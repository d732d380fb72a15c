-- ===== src/Controller/Budget/Starting.antt =====
-- An attempt that is permitted is made.
use artifact_controller.Prelude.{◌+◌, false, ◌≡◌, refl, arith, Option, none, some, subst, sym}
use artifact_controller.Prelude.Int.{ℤ, inc32}
use artifact_controller.Prelude.Result.{ok}
use artifact_controller.Toolkit.{Toolkit, Input}
use artifact_controller.Calls.{Trace}
use artifact_controller.Api.Json.{Object}
use artifact_controller.Api.Conditions.{State}
use artifact_controller.Api.Artifact.{observe_only}
use artifact_controller.Api.ArtifactClass.{ArtifactClass, GeneratorSpec, effective_backoff}
use artifact_controller.Generator.Render.{render_template}
use artifact_controller.Store.{Observation}
use artifact_controller.Controller.Session.{Cluster, Session, Outcome}
use artifact_controller.Controller.Run.{generator_ref_for, run_name, ensure_generator_watch}
use artifact_controller.Controller.Create.{create_run, submit_run, created, label_run}
use artifact_controller.Controller.Missing.{
  reconcile_missing, note_absence, drive_generator, start_attempt, next_attempt,
}
use artifact_controller.Controller.Reconcile.{dispatch}
use artifact_controller.Controller.Budget.Ledger.{created_runs}
use artifact_controller.Controller.Safety.Creation.{MayAttempt, Due}

module _ {k : Toolkit} (c : Cluster) where
  -- One run more was created, and the status refers to it: the attempt is numbered and going on.
  pub record Begun (stored : Object) (s : Session k) (r : Session k × Outcome) : Type 0 where
    pub run : r.0.obj.status.generator_ref ≡ some (generator_ref_for k stored)
    pub attempts : r.0.obj.status.attempts ≡ inc32 s.obj.status.attempts
    pub failures : r.0.obj.status.failed_attempts ≡ s.obj.status.failed_attempts
    pub generating : r.0.obj.status.state ≡ State.generating
    pub one_more : created_runs c r.0.trace ≡ created_runs c s.trace + 1
    pub no_error : r.1.error ≡ none

  abbrev pub attempt_input : Input → Session k → Input
  attempt_input in_ s = record in_ { attempt = inc32 s.obj.status.attempts }

  create_run-Begun :
      (g : GeneratorSpec) (in_ : Input) (s : Session k) (run owned stored : Object)
      → render_template k g.template (attempt_input in_ s) ≡ ok run
      → k.set_controller_reference s.obj (label_run k c (attempt_input in_ s) s run) ≡ ok owned
      → ((tr : Trace) → c.create_run tr owned ≡ ok stored)
      → Begun stored s (create_run k c g in_ s)
  unfolding create_run submit_run created ensure_generator_watch
  create_run-Begun g in_ s run owned stored q o a = grind (arith, q, o, a)

  start_attempt-Due :
      (g : GeneratorSpec) (in_ : Input) (now : ℤ) (next : Option ℤ) (s : Session k)
      → Due now next
      → start_attempt k c g in_ now next s ≡ create_run k c g in_ s
  unfolding start_attempt
  start_attempt-Due g in_ now none s d = refl
  start_attempt-Due g in_ now (some next) s d = ground (arith, d)

  drive_generator-permitted :
      (class : ArtifactClass) (g : GeneratorSpec) (in_ : Input) (now : ℤ) (s : Session k)
      → MayAttempt k c class now s.obj.status
      → drive_generator k c class g in_ now s ≡ create_run k c g in_ s
  unfolding drive_generator
  drive_generator-permitted class g in_ now s m = grind (
    arith,
    m.idle,
    m.within,
    start_attempt-Due g in_ now (next_attempt k c (effective_backoff class) s.obj.status) s m.due,
  )

  -- Where an attempt may be made and the object is absent, the reconciliation is a creation.
  dispatch-permitted :
      (class : ArtifactClass) (g : GeneratorSpec) (in_ : Input) (now : ℤ) (obs : Observation)
      (s : Session k)
      → class.generator ≡ some g
      → observe_only s.obj ≡ false
      → obs.exists ≡ false
      → MayAttempt k c class now (note_absence k c in_ s).obj.status
      → dispatch k c class in_ now obs s ≡ create_run k c g in_ (note_absence k c in_ s)
  unfolding dispatch reconcile_missing
  dispatch-permitted class g in_ now obs s e o x m =
      ground (arith, e, o, x, drive_generator-permitted class g in_ now (note_absence k c in_ s) m)

  note_absence-MayAttempt :
      (class : ArtifactClass) (in_ : Input) (now : ℤ) (s : Session k)
      → MayAttempt k c class now s.obj.status
      → MayAttempt k c class now (note_absence k c in_ s).obj.status
  unfolding note_absence next_attempt
  note_absence-MayAttempt class in_ now s m = record {
    idle = ground (arith, m.idle);
    within = ground (arith, m.within);
    due = ground (arith, m.due);
  }

  note_absence-Begun :
      (in_ : Input) (stored : Object) (s : Session k) (r : Session k × Outcome)
      → Begun stored (note_absence k c in_ s) r
      → Begun stored s r
  unfolding note_absence
  note_absence-Begun in_ stored s r b = ground (arith, b)

  label_run-absence :
      (in_ : Input) (s : Session k) (run : Object)
      → label_run k c (attempt_input in_ (note_absence k c in_ s)) (note_absence k c in_ s) run
        ≡ label_run k c (attempt_input in_ s) s run
  unfolding note_absence label_run run_name
  label_run-absence in_ s run = ground arith

  -- Where the object of a managed Artifact is absent, no run is in flight, the failure budget is not
  -- used up and no backoff is running, the reconciliation makes an attempt: if the class's template
  -- renders and the API server accepts the run, then one run was created, the status refers to it
  -- and counts the attempt, the state is Generating, and there is no error.
  pub dispatch-Begun :
      (class : ArtifactClass) (g : GeneratorSpec) (in_ : Input) (now : ℤ) (obs : Observation)
      (s : Session k) (run owned stored : Object)
      → class.generator ≡ some g
      → observe_only s.obj ≡ false
      → obs.exists ≡ false
      → MayAttempt k c class now s.obj.status
      → render_template k g.template (attempt_input in_ s) ≡ ok run
      → k.set_controller_reference
          (note_absence k c in_ s).obj
          (label_run k c (attempt_input in_ s) s run)
        ≡ ok owned
      → ((tr : Trace) → c.create_run tr owned ≡ ok stored)
      → Begun stored s (dispatch k c class in_ now obs s)
  unfolding note_absence
  dispatch-Begun class g in_ now obs s run owned stored e o x m q w a =
      let t = note_absence k c in_ s in
      let p =
        dispatch-permitted class g in_ now obs s e o x
          (note_absence-MayAttempt class in_ now s m) in
      subst (Begun stored s) (sym p) (
        note_absence-Begun in_ stored s _ (
          create_run-Begun g in_ t run owned stored (ground (arith, q))
            (rw (label_run-absence in_ s run) w) a))
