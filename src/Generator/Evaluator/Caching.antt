-- ===== src/Generator/Evaluator/Caching.antt =====
-- The cache of compiled programs does not show: with a cache that holds only what compilation
-- gives, an evaluation has the result that it has with an empty one, and leaves such a cache.
use artifact_controller.Prelude.{
  String, some, [], ◌≡◌, refl, sym, ap, inl, inr, arith, eq_iff, Option-cases,
}
use artifact_controller.Prelude.Maps.{lookup, insert, lookup-insert}
use artifact_controller.Prelude.Result.{Result, ok, err}
use artifact_controller.Api.Json.{Object}
use artifact_controller.Toolkit.{Toolkit}
use artifact_controller.Generator.Evaluator.{
  Cache, remember, build, program, run_program, eval_bool,
}

module _ (k : Toolkit) where
  -- Every cached program is what its expression compiles to.
  pub record IsFaithful (progs : Cache k) : Type 0 where
    pub at : (expr : String) (p : k.Program) → lookup expr progs ≡ some p → build k expr ≡ ok p

  insert-IsFaithful :
      (expr : String) (p : k.Program) (progs : Cache k)
      → build k expr ≡ ok p
      → IsFaithful progs
      → IsFaithful (insert expr p progs)
  insert-IsFaithful expr p progs e f = record {
    at = λ j q. rw (lookup-insert expr j p progs) (ground (arith, eq_iff expr j, f.at j q));
  }

  remember-build :
      (expr : String) (progs : Cache k) (r : Result k.Program)
      → build k expr ≡ r
      → IsFaithful progs
      → ((remember k expr progs r).0 ≡ build k expr) × IsFaithful (remember k expr progs r).1
  remember-build expr progs (ok p) e f = (sym e, insert-IsFaithful expr p progs e f)
  remember-build expr progs (err x) e f = (sym e, f)

  program-build :
      (expr : String) (progs : Cache k)
      → IsFaithful progs
      → ((program k expr progs).0 ≡ build k expr) × IsFaithful (program k expr progs).1
  unfolding program
  program-build expr progs f = elim (Option-cases (lookup expr progs)) [
    | inr (p, e) ↦ rw (e, program) (sym (f.at expr p e), f)
    | inl e ↦ rw (e, program) (remember-build expr progs (build k expr) refl f)
  ]

  -- An evaluation with a faithful cache has the result that compiling anew gives, and leaves a
  -- faithful cache.
  pub eval_bool-IsFaithful :
      (expr : String) (object : Object) (progs : Cache k)
      → IsFaithful progs
      → ((eval_bool k expr object progs).0 ≡ run_program k expr object (build k expr))
        × IsFaithful (eval_bool k expr object progs).1
  unfolding eval_bool
  eval_bool-IsFaithful expr object progs f =
      let (e, f') = program-build expr progs f in (ap (run_program k expr object) e, f')

  pub nil-IsFaithful : IsFaithful []
  unfolding lookup
  nil-IsFaithful = record { at = λ expr p e. cc }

WHAT IS NEEDED:
The required output is a copy of each line in the records where the string "dispatch" occurs.

OUTPUT FOR THIS EXERCISE:
use artifact_controller.Controller.Reconcile.{dispatch}
  dispatch-permitted :
      → dispatch k c class in_ now obs s ≡ create_run k c g in_ (note_absence k c in_ s)
  unfolding dispatch reconcile_missing
  dispatch-permitted class g in_ now obs s e o x m =
  pub dispatch-Begun :
      → Begun stored s (dispatch k c class in_ now obs s)
  dispatch-Begun class g in_ now obs s run owned stored e o x m q w a =
        dispatch-permitted class g in_ now obs s e o x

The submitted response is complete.